Я согласно покивал: «Staatliche Bauhaus», архитектурное объединение из Дессау под руководством Людвига Миса ван дер Роэ, провозгласило «интернациональную утилитарность» ведущей концепцией в строительстве, наплодило в Веймаре и даже в крупных городах ужасающих коробок в стиле «стекло-бетон» и вполне справедливо вызвало гнев Гитлера — «Баухаус» разбежался в 1933 году, сразу по приходу фюрера к власти, что само по себе показательно.
Часть тамошних архитекторов вернулась к традиционным формам, часть эмигрировала и поливала нас грязью в американских газетах — допустим, руководитель «Баухауса» Вальтер Гропиус, сперва уехавший в Англию, а затем в Северную Америку, заявлял, будто объединение «было разгромлено штурмовиками», хотя перед НСДАП в 1933–1934 годах стояли куда более важные задачи и «утилитаристов» тогда никто и пальцем не тронул — сами предпочли покинуть ниву национальной архитектуры.
Одновременно Гитлер полагал неоклассическое здание германского посольства в Санкт-Петербурге, построенное ван дер Роэ и Петером Беренсом перед Великой войной, исключительным образцом нордического зодчества…
Разговор шел в нужном мне направлении. Я припомнил свои невеселые приключения в Днепропетровске, сказав, что большевики отошли от модернистских направлений в архитектуре и возвращаются к традиционным формам — я видел жилые здания недавней, предвоенной постройки с колоннами дорического ордера, поддерживающими балюстраду со скульптурами, а новый корпус университета, законченный в 1936 году, мало чем отличается от моих собственных работ.

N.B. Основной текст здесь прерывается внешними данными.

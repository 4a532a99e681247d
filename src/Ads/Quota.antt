-- ===== src/Ads/Quota.antt =====
-- The daily limit of app/ads/service.py over any sequence of calls.
use ggumirror_be.Base.{
  ℕ, ◌+◌, ◌-◌, ◌≤◌, ◌≡◌, refl, ap₂, true, false, ◌&&◌, none, some, List, [], ◌∷◌, arith, inl, inr,
  ◌⊎◌, if◌then◌else◌, Bool-cases,
}
use ggumirror_be.Base.Int.{pos}
use ggumirror_be.Base.Text.{Text, text_eq, text_eqb_iff, ◌==◌}
use ggumirror_be.Base.Dict.{get-insert, get-insert_self}
use ggumirror_be.Base.Exec.{Result, ok, err, Result-cases}
use ggumirror_be.Shards.Models.{rewarded_ad, PeriodQuota}
use ggumirror_be.Shards.Store.{
  ShardStore, Change, Applied, apply, apply_new, quota_used, quota_full, write_change,
  claim_conflict,
}
use ggumirror_be.Shards.Service.{
  checked, credit, apply_change, event_key, mutation, quota_key, period_used,
}
use ggumirror_be.Shards.ApplyLaws.{apply-state}
use ggumirror_be.Ads.Models.{VerifiedRewardCallback, RewardOutcome, daily_reward_limit}
use ggumirror_be.Ads.Service.{
  RewardedAdService, AdStore, outcome, reward_day, grant, checked_callback, handle_callback,
  issue_context,
}

-- What a change under a limit does to a counter: it leaves it, or it counts one more below the
-- limit.
pub apply-quota_used :
    (c : Change) (fresh : Text) (now : ℕ) (s : ShardStore) (q : PeriodQuota) (j : Text)
    → c.quota ≡ some q
    → quota_used s j ≤ quota_used (apply c fresh now s).1 j
unfolding write_change quota_used
apply-quota_used c fresh now s q j e = ground (
  arith,
  apply-state c fresh now s,
  get-insert j q.key (quota_used s q.key + 1) s.quotas,
  text_eqb_iff j q.key,
)

-- One that is applied has room, and counts.
pub apply-counts :
    (c : Change) (fresh : Text) (now : ℕ) (s : ShardStore) (q : PeriodQuota) (r : Applied)
    → c.quota ≡ some q
    → (apply c fresh now s).0 ≡ ok r
    → r.2 ≡ true
    → (quota_used s q.key + 1 ≤ q.limit)
      × (quota_used (apply c fresh now s).1 q.key ≡ quota_used s q.key + 1)
unfolding apply apply_new write_change quota_used quota_full claim_conflict
apply-counts c fresh now s q r e done applied =
    ground (arith, get-insert_self q.key (quota_used s q.key + 1) s.quotas)

-- A call on the rewarded ads: a user asks for a context, or a callback arrives.
pub data AdCall : Type 0 where
  issue : Text → Text → ℕ → AdCall
  deliver : Text → Text → ℕ → AdCall

module _ (c : RewardedAdService) where
  -- What a callback of a user asks the ledger for.
  abbrev pub day_quota : Text → VerifiedRewardCallback → PeriodQuota
  day_quota u cb = record {
    key = quota_key c.sha256 u rewarded_ad (reward_day c cb);
    limit = daily_reward_limit;
  }

  abbrev pub ad_change : Text → VerifiedRewardCallback → Change
  ad_change u cb = record {
    user_id = u;
    delta = pos 1;
    reason = rewarded_ad;
    key = event_key c.sha256 u rewarded_ad (some cb.transaction_id);
    quota = some (day_quota u cb);
    claim = none;
  }

  pub grant-apply :
      (u : Text) (cb : VerifiedRewardCallback) (fresh : Text) (now : ℕ) (s : ShardStore)
      → grant c u cb fresh now s ≡ outcome (mutation (apply (ad_change u cb) fresh now s))
  unfolding grant credit apply_change checked
  grant-apply u cb fresh now s = refl

  unfoldable pub serve_ad : AdCall → AdStore → AdStore
  serve_ad (issue u token now) st = issue_context c u token now st
  serve_ad (deliver raw fresh now) st = (handle_callback c raw fresh now st).1

  unfoldable pub serve_ads : List AdCall → AdStore → AdStore
  serve_ads [] st = st
  serve_ads (call ∷ calls) st = serve_ads calls (serve_ad call st)

  module _ (u day : Text) where
    -- The counter of the user's shards for ads on a day.
    abbrev pub used : AdStore → ℕ
    used st = period_used c.sha256 st.shards u rewarded_ad day

    -- Whether an answer paid this user for an ad of this day.
    abbrev pub paid_for : Result (Text × VerifiedRewardCallback) → Result RewardOutcome → ℕ
    paid_for (ok (v, cb)) (ok o) = if o.granted && (v == u && reward_day c cb == day) then 1 else 0
    paid_for _ _ = 0

    unfoldable pub pays : AdCall → AdStore → ℕ
    pays (issue v token now) st = 0
    pays (deliver raw fresh now) st =
        paid_for (checked_callback c raw now st.contexts) (handle_callback c raw fresh now st).0

    -- How many of the calls paid this user for ads of this day.
    unfoldable pub grants : List AdCall → AdStore → ℕ
    grants [] st = 0
    grants (call ∷ calls) st = pays call st + grants calls (serve_ad call st)

    -- A call that paid had room and is counted; any other call lowers no counter.
    abbrev Counted : ℕ → ℕ → ℕ → Type 0
    Counted paid before after =
        ((paid ≡ 0) × (before ≤ after))
        ⊎ ((paid ≡ 1) × (before + 1 ≤ daily_reward_limit) × (after ≡ before + 1))

    outcome-state : (p : Result Applied × ShardStore) → (outcome (mutation p)).1 ≡ p.1
    outcome-state (ok r, s) = refl
    outcome-state (err e, s) = ground arith

    -- An answer that paid is one of a change that was applied.
    outcome-paid :
        (v : Text) (cb : VerifiedRewardCallback) (p : Result Applied × ShardStore)
        → (paid_for (ok (v, cb)) (outcome (mutation p)).0 ≡ 0)
          ⊎ ((paid_for (ok (v, cb)) (outcome (mutation p)).0 ≡ 1)
              × (v ≡ u)
              × (reward_day c cb ≡ day)
              × ((r : Applied) × (p.0 ≡ ok r) × (r.2 ≡ true)))
    outcome-paid v cb (err e, s) = inl (ground arith)
    outcome-paid v cb (ok (w, e, false), s) = inl refl
    outcome-paid v cb (ok (w, e, true), s) = elim (Bool-cases (v == u && reward_day c cb == day)) [
      | inr differs ↦ inl (ground arith)
      | inl agrees ↦ inr (
        ground arith,
        (text_eqb_iff v u).0 (ground arith),
        (text_eqb_iff (reward_day c cb) day).0 (ground arith),
        ((w, e, true), refl, refl),
      )
    ]

    grant-Counted :
        (v : Text) (cb : VerifiedRewardCallback) (fresh : Text) (now : ℕ) (s : ShardStore)
        → Counted
            (paid_for (ok (v, cb)) (grant c v cb fresh now s).0)
            (period_used c.sha256 s u rewarded_ad day)
            (period_used c.sha256 (grant c v cb fresh now s).1 u rewarded_ad day)
    unfolding period_used
    grant-Counted v cb fresh now s =
        let p = apply (ad_change v cb) fresh now s in
        let key = quota_key c.sha256 u rewarded_ad day in
        rw (grant-apply v cb fresh now s, outcome-state p)
          (elim (outcome-paid v cb p) [
            | inl unpaid ↦
                inl
                  (unpaid, apply-quota_used (ad_change v cb) fresh now s (day_quota v cb) key refl)
            | inr (paid, same, dated, (r, done, applied)) ↦
                let keys : (day_quota v cb).key ≡ key =
                  ap₂ (λ (a b : Text). quota_key c.sha256 a rewarded_ad b) same dated in
                let counted =
                  apply-counts (ad_change v cb) fresh now s (day_quota v cb) r refl done applied in
                inr (paid, rw (← keys) counted.0, rw (← keys) counted.1)
          ])

    serve_ad-Counted :
        (call : AdCall) (st : AdStore) → Counted (pays call st) (used st) (used (serve_ad call st))
    unfolding pays serve_ad issue_context handle_callback
    serve_ad-Counted (issue v token now) st = inl (refl, omega arith)
    serve_ad-Counted (deliver raw fresh now) st =
        elim (Result-cases (checked_callback c raw now st.contexts)) [
          | inr (x, e) ↦ rw e (inl (refl, omega arith))
          | inl ((v, cb), e) ↦ rw e (grant-Counted v cb fresh now st.shards)
        ]

    grants-room :
        (calls : List AdCall) (st : AdStore) → grants calls st ≤ daily_reward_limit - used st
    unfolding grants
    grants-room [] st = omega arith
    grants-room (call ∷ calls) st =
        ground (arith, serve_ad-Counted call st, grants-room calls (serve_ad call st))

-- In any sequence of calls from any state, whatever callbacks arrive, again or late, at most five of
-- them pay a user for ads of one date.
pub grants_capped :
    (c : RewardedAdService) (u day : Text) (calls : List AdCall) (st : AdStore)
    → grants c u day calls st ≤ daily_reward_limit
grants_capped c u day calls st = omega (arith, grants-room c u day calls st)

Нашлась и фотография — конечно, не слишком качественная, с сугробами и кучами щебня на переднем плане. Следы войны. Фюрер покачал головой:
— У Сталина, бесспорно, есть архитектурный вкус. Облик полностью соответствует задачам школьного воспитания, строго и торжественно. Расскажите лучше, как вы там жили, в южной России? Я недаром заметил, что вы похудели.
Прекрасно. Он сам попросил! К моему огромному сожалению, превратные, а то и совершенно неверные представления Гитлера о настроениях и событиях на фронте проистекают из-за того, что окружение старается оградить его от «неприятной» или «нежелательной» информации; особенно в этом преуспел Мартин Борман — вот уж поистине злой гений! Надеюсь, у меня получится кратко и емко обрисовать действительное положение дел.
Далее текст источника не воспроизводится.